Figure 5. Cysteines liganded by active compounds in human T cells.

(A) Heatmap showing liganded cysteines for active compounds in human T cells (treated with the indicated concentrations of compounds (μM) for 3 h followed by ABPP). Cysteines quantified for at least two active compounds with R values ≥4 (DMSO/compound) for at least one of the compounds are shown. Results were obtained by combining isoTOP-ABPP and TMT-ABPP data from 2–6 independent experiments. See STAR Methods for details.

(B) Heatmap showing cysteines liganded by active compounds in immune-relevant proteins.

(C) Distribution of protein classes containing cysteines liganded by active compounds.

(D, E) Comparison of cysteines liganded by active compounds versus scout fragments in human T cells, as displayed in correlation plot (D) and pie chart (E) analyses. In (D), cysteines liganded by both active compounds and scout fragments, only by active compounds, and only by scout fragments are showing in purple, blue, and red, respectively.

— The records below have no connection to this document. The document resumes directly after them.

-- ===== src/Block/Io/Batch.antt =====
-- The read batch of src/linux_subsystem/block/block.c against single reads.
use kobox.Prelude.{
  Bool-cases, List, [], add64, ap, arith, false, if◌then◌else◌, inl, inr, is_zero, length, neg, pos,
  refl, some, true, ℕ, ℤ, ◌∙◌, ◌∷◌, ◌≡◌, ◌⊎◌,
}
use kobox.Block.State.{Block, DiskState, disk_state_for, with_disk}
use kobox.Block.State.Laws.{
  disk_state_for-with_disk, queue_state_for-with_disk, with_disk-with_disk,
}
use kobox.Block.Io.Range.{InRange, InRange-of_zero}
use kobox.Block.Io.{
  Request, Driver, is_gone, account_read, disk_io_range_valid, disk_logical_block_size,
  requests_valid, total_bytes, disk_read, disk_read_batch, read_each,
}

-- What one successful read writes to the disk's counters.
abbrev after_read : Request → DiskState → DiskState
after_read r s = account_read 1 (add64 s.bytes_read r.byte_count) s

abbrev after_reads : List Request → DiskState → DiskState
after_reads rs s = account_read (length rs) (total_bytes s.bytes_read rs) s

after_reads-cons :
    (r : Request) (rs : List Request) (s : DiskState)
    → after_reads rs (after_read r s) ≡ after_reads (r ∷ rs) s
unfolding total_bytes
after_reads-cons r rs s =
    ap
      (λ n. record s {
        read_count = n;
        bytes_read = total_bytes (add64 s.bytes_read r.byte_count) rs;
      })
      (omega arith)

logical_block_size-after :
    (b : Block) (disk : ℕ) (r : Request) (s : DiskState)
    → disk_logical_block_size (with_disk disk (after_read r) b) (after_read r s)
      ≡ disk_logical_block_size b s
unfolding disk_logical_block_size
logical_block_size-after b disk r s =
    rw (queue_state_for-with_disk disk (after_read r) b s.queue, disk_logical_block_size)

range-after :
    (b : Block) (disk : ℕ) (r : Request) (s : DiskState) (sector count : ℕ)
    → disk_io_range_valid (with_disk disk (after_read r) b) (after_read r s) sector count
      ≡ disk_io_range_valid b s sector count
unfolding disk_io_range_valid
range-after b disk r s sector count = rw (logical_block_size-after b disk r s)

requests_valid-after :
    (b : Block) (disk : ℕ) (r : Request) (s : DiskState) (rs : List Request)
    → requests_valid (with_disk disk (after_read r) b) (after_read r s) rs ≡ requests_valid b s rs
unfolding requests_valid
requests_valid-after b disk r s [] = refl
requests_valid-after b disk r s (q ∷ rs) =
    rw (range-after b disk r s q.sector q.byte_count, requests_valid-after b disk r s rs)

-- Some request has no buffer or is not in range.
abbrev pub AnyBad : Block → DiskState → List Request → Type 0
AnyBad b s [] = ⊥
AnyBad b s (r ∷ rs) = (r.buffer ≡ 0) ⊎ (¬ InRange b s r.sector r.byte_count) ⊎ AnyBad b s rs

bad_head :
    (b : Block) (s : DiskState) (r : Request)
    → ¬ InRange b s r.sector r.byte_count
    → is_zero (disk_io_range_valid b s r.sector r.byte_count) ≡ false
bad_head b s r h = elim (Bool-cases (is_zero (disk_io_range_valid b s r.sector r.byte_count))) [
  | inl e ↦ absurd (h (InRange-of_zero b s r.sector r.byte_count e))
  | inr e ↦ e
]

AnyBad-requests_valid :
    (b : Block) (s : DiskState) (rs : List Request) → AnyBad b s rs → requests_valid b s rs ≡ false
unfolding requests_valid
AnyBad-requests_valid b s [] h = absurd h
AnyBad-requests_valid b s (r ∷ rs) (inl h) = ground arith
AnyBad-requests_valid b s (r ∷ rs) (inr (inl h)) = ground (arith, bad_head b s r h)
AnyBad-requests_valid b s (r ∷ rs) (inr (inr h)) = ground (arith, AnyBad-requests_valid b s rs h)

module _ {W : Type 0} (d : Driver W) (disk : ℕ) where
  read_each-after :
      (r : Request) (s : DiskState) (rs : List Request) (w : W)
      → read_each d (after_read r s) rs w ≡ read_each d s rs w
  unfolding read_each
  read_each-after r s [] w = refl
  read_each-after r s (q ∷ rs) w = rw (read_each-after r s rs)

  -- Single reads in order, until one fails.
  pub disk_read_all : List Request → Block → W → ℤ × Block × W
  disk_read_all [] b w = (pos 0, b, w)
  disk_read_all (r ∷ rs) b w =
      let first = disk_read d disk r b w in
      let rest = disk_read_all rs first.1 first.2 in if is_zero first.0 then rest else first

  -- One step of the loop: the head was read, and the rest of the loop returned 0.
  read_head :
      (s : DiskState) (r : Request) (rs : List Request) (b : Block) (w : W) {w' : W}
      → disk_state_for b disk ≡ some s
      → is_gone s ≡ false
      → requests_valid b s (r ∷ rs) ≡ true
      → read_each d s (r ∷ rs) w ≡ (pos 0, w')
      → (u : W) × (disk_read d disk r b w ≡ (pos 0, with_disk disk (after_read r) b, u))
        × (read_each d s rs u ≡ (pos 0, w'))
        × (requests_valid b s rs ≡ true)
  unfolding read_each disk_read requests_valid
  read_head s r rs b w {w'} e p v h =
      ((d.read s.read_fn s.io_ctx r w).1, ground arith, ground arith, ground arith)

  disk_read_all_lem :
      (r : Request) (rs : List Request) (s : DiskState) (b : Block) (w : W) {w' : W}
      → disk_state_for b disk ≡ some s
      → is_gone s ≡ false
      → requests_valid b s (r ∷ rs) ≡ true
      → read_each d s (r ∷ rs) w ≡ (pos 0, w')
      → disk_read_all (r ∷ rs) b w ≡ (pos 0, with_disk disk (after_reads (r ∷ rs)) b, w')
  unfolding disk_read_all total_bytes
  disk_read_all_lem r [] s b w {w'} e p v h =
      let (u, read, rest, valid) = read_head s r [] b w e p v h in
      rw read (unfold read_each in ground arith)
  disk_read_all_lem r (q ∷ rs) s b w {w'} e p v h =
      let (u, read, rest, valid) = read_head s r (q ∷ rs) b w e p v h in
      let b' = with_disk disk (after_read r) b in
      let found : disk_state_for b' disk ≡ some (after_read r s) =
        disk_state_for-with_disk disk (after_read r) b (λ t. refl) ∙ rw e in
      let ih =
        disk_read_all_lem q rs (after_read r s) b' u {w' = w'} found p
          (requests_valid-after b disk r s (q ∷ rs) ∙ valid)
          (read_each-after r s (q ∷ rs) u ∙ rest) in
      rw (read, ih)
        (ap (λ c. (pos 0, c, w'))
          (with_disk-with_disk disk (after_read r) (after_reads (q ∷ rs)) (after_reads (r ∷ q ∷ rs))
            b (λ t. refl) (after_reads-cons r (q ∷ rs))))

  -- Where the disk's driver has no batch function, a batch of reads that returns 0 leaves the
  -- block layer and the device exactly as the same reads made one by one, all of which return 0.
  pub disk_read_batch_all :
      (rs : List Request) (s : DiskState) (b : Block) (w : W) {b' : Block} {w' : W}
      → disk_state_for b disk ≡ some s
      → s.read_batch_fn ≡ 0
      → disk_read_batch d disk (some rs) b w ≡ (pos 0, b', w')
      → disk_read_all rs b w ≡ (pos 0, b', w')
  unfolding disk_read_batch
  disk_read_batch_all [] s b w e n h = absurd (ground arith)
  disk_read_batch_all (r ∷ rs) s b w {b'} {w'} e n h =
      disk_read_all_lem r rs s b w {w' = w'} e (ground arith) (ground arith) (ground arith)
      ∙ ground arith

  -- A batch with a request that has no buffer, or whose range the disk does not have, is refused
  -- as a whole: it returns -EINVAL or -ENODEV, no driver function is called, and nothing is
  -- counted.
  disk_read_batch_refused :
      (rs : List Request) (s : DiskState) (b : Block) (w : W)
      → disk_state_for b disk ≡ some s
      → AnyBad b s rs
      → ((disk_read_batch d disk (some rs) b w ≡ (neg 22, b, w))
          ⊎ (disk_read_batch d disk (some rs) b w ≡ (neg 19, b, w)))
  unfolding disk_read_batch
  disk_read_batch_refused rs s b w e bad = ground (arith, AnyBad-requests_valid b s rs bad)
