-- ===== src/Block/Io/Effects.antt =====
-- What a single read or write of src/linux_subsystem/block/block.c has done when it returns.
use kobox.Prelude.{
  Bool-cases, Option-cases, add64, arith, false, inl, inr, pos, refl, some, true, ℕ, ◌==◌, ◌≡◌, ◌≢◌,
  ◌≤◌, ◌⊎◌,
}
use kobox.Block.State.{Block, DiskState, disk_state_for}
use kobox.Block.State.Laws.{disk_state_for-with_disk}
use kobox.Block.Io.{
  Request, Driver, is_gone, account_read, account_write, disk_read, disk_write_flags, write_through,
}
use kobox.Block.Io.Range.{InRange, InRange-of_zero}

module _ {W : Type 0} (d : Driver W) (disk : ℕ) (r : Request) (b : Block) (w : W) where
  -- The disk is known, registered and alive, and the request is a range on it.
  pub record Accepted (s : DiskState) : Type 0 where
    pub found : disk_state_for b disk ≡ some s
    pub has_buffer : r.buffer ≢ 0
    pub present : is_gone s ≡ false
    pub in_range : InRange b s r.sector r.byte_count

  -- A read that returns 0 was accepted, is what the driver's read function did and answered with
  -- 0, and adds one read and its bytes to the disk's counters.
  pub disk_read_done :
      {b' : Block} {w' : W}
      → disk_read d disk r b w ≡ (pos 0, b', w')
      → (s : DiskState) × Accepted s
        × (s.read_fn ≢ 0)
        × (d.read s.read_fn s.io_ctx r w ≡ (pos 0, w'))
        × (disk_state_for b' disk ≡ some (account_read 1 (add64 s.bytes_read r.byte_count) s))
  unfolding disk_read
  disk_read_done {b'} {w'} h = elim (Option-cases (disk_state_for b disk)) [
    | inl e ↦ absurd (ground arith)
    | inr (s, e) ↦ (
      s,
      record {
        found = e;
        has_buffer = ground arith;
        present = ground arith;
        in_range = InRange-of_zero b s r.sector r.byte_count (ground arith);
      },
      ground arith,
      ground arith,
      ground (
        arith,
        disk_state_for-with_disk disk (λ t. account_read 1 (add64 t.bytes_read r.byte_count) t) b
            (λ t. refl),
      ),
    )
  ]

  -- A read that does not return 0 leaves the block layer's state as it was.
  disk_read_failed : (disk_read d disk r b w).0 ≢ pos 0 → (disk_read d disk r b w).1 ≡ b
  unfolding disk_read
  disk_read_failed h = ground arith

  flags_le :
      (s : DiskState)
      → disk_state_for b disk ≡ some s
      → (flags : ℕ) {b' : Block} {w' : W} → disk_write_flags d disk r flags b w ≡ (pos 0, b', w')
      → flags ≤ 1
  unfolding disk_write_flags
  flags_le s e flags h = ground arith

  write_flags_call :
      (s : DiskState)
      → disk_state_for b disk ≡ some s
      → (flags : ℕ) {b' : Block} {w' : W} → disk_write_flags d disk r flags b w ≡ (pos 0, b', w')
      → write_through d s r flags w ≡ (pos 0, w')
  unfolding disk_write_flags
  write_flags_call s e flags h = ground arith

  has_write_fn :
      (s : DiskState)
      → disk_state_for b disk ≡ some s
      → (flags : ℕ) {b' : Block} {w' : W} → disk_write_flags d disk r flags b w ≡ (pos 0, b', w')
      → s.write_flags_fn ≡ 0
      → s.write_fn ≢ 0
  unfolding disk_write_flags
  has_write_fn s e flags h z = ground arith

  abbrev pub Through : DiskState → ℕ → W → Type 0
  Through s flags w' =
      ((s.write_flags_fn ≢ 0) × (d.write_flags s.write_flags_fn s.io_ctx r flags w ≡ (pos 0, w')))
      ⊎ ((s.write_flags_fn ≡ 0)
          × (s.write_fn ≢ 0)
          × (flags ≡ 0)
          × (d.write s.write_fn s.io_ctx r w ≡ (pos 0, w')))
      ⊎ ((s.write_flags_fn ≡ 0)
          × (s.write_fn ≢ 0)
          × (flags ≡ 1)
          × (s.flush_fn ≢ 0)
          × ((d.write s.write_fn s.io_ctx r w).0 ≡ pos 0)
          × (d.flush s.flush_fn s.io_ctx (d.write s.write_fn s.io_ctx r w).1 ≡ (pos 0, w')))

  through :
      (s : DiskState) (flags : ℕ) {w' : W}
      → write_through d s r flags w ≡ (pos 0, w')
      → flags ≤ 1
      → (s.write_flags_fn ≡ 0 → s.write_fn ≢ 0)
      → Through s flags w'
  unfolding write_through
  through s flags {w'} h le has = elim (Bool-cases (s.write_flags_fn == 0)) [
    | inr e ↦ inl (ground arith, ground arith)
    | inl e ↦ elim (Bool-cases (flags == 0)) [
      | inl z ↦ inr (inl (ground arith, has (ground arith), ground arith, ground arith))
      | inr z ↦ inr (
          inr (
            ground arith,
            has (ground arith),
            ground arith,
            ground arith,
            ground arith,
            ground arith,
          ))
    ]
  ]

  -- A write that returns 0 was accepted on a disk that is not read-only, counts one write and its
  -- bytes, and reached the driver: through its write_flags function with the flags passed on, or
  -- through its write function, none of them NULL where it is called; with the FUA flag and no write_flags function, a flush that
  -- returned 0 followed the write.
  pub disk_write_flags_done :
      (flags : ℕ) {b' : Block} {w' : W}
      → disk_write_flags d disk r flags b w ≡ (pos 0, b', w')
      → (s : DiskState) × Accepted s
        × (s.read_only ≡ 0)
        × (flags ≤ 1)
        × (disk_state_for b' disk ≡ some (account_write 1 (add64 s.bytes_written r.byte_count) s))
        × Through s flags w'
  unfolding disk_write_flags
  disk_write_flags_done flags {b'} {w'} h = elim (Option-cases (disk_state_for b disk)) [
    | inl e ↦ absurd (ground arith)
    | inr (s, e) ↦ (
      s,
      record {
        found = e;
        has_buffer = ground arith;
        present = ground arith;
        in_range = InRange-of_zero b s r.sector r.byte_count (ground arith);
      },
      ground arith,
      ground arith,
      ground (
        arith,
        disk_state_for-with_disk disk (λ t. account_write 1 (add64 t.bytes_written r.byte_count) t)
            b (λ t. refl),
      ),
      through s flags (write_flags_call s e flags h) (flags_le s e flags h)
          (has_write_fn s e flags h),
    )
  ]

  -- A disk that is read-only, dead or not registered refuses every write: no driver function is
  -- called and nothing is counted.
  disk_write_flags_refused :
      (flags : ℕ) (s : DiskState)
      → disk_state_for b disk ≡ some s
      → (s.read_only ≢ 0) ⊎ (is_gone s ≡ true)
      → ((disk_write_flags d disk r flags b w).0 ≢ pos 0)
        × ((disk_write_flags d disk r flags b w).1 ≡ b)
        × ((disk_write_flags d disk r flags b w).2 ≡ w)
  unfolding disk_write_flags
  disk_write_flags_refused flags s e h = ground arith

(F) Prediction success rate querying for pockets within the indicated distances from cysteines liganded by active compounds.

(G) Modeling of active compound interactions with C203 in MYD88 (PDB 4DOM). Predicted pockets highlighted as green mesh and other cysteines in the structure are colored red. Docking shows preferential liganding by BPK-25 due to predicted hydrogen bonds with E183 and R188 (top), which are not accessible in docked structure of BPK-21 (bottom).

(H) Modeling of active compound interactions with C342 of ERCC3 (PDB 5OF4). Docking shows preferential liganding by BPK-21 (bottom) due to predicted hydrogen bonds with T469 and Q497 and π−π interaction with W493, which are less accessible in the docked structure of BPK-25 (bottom).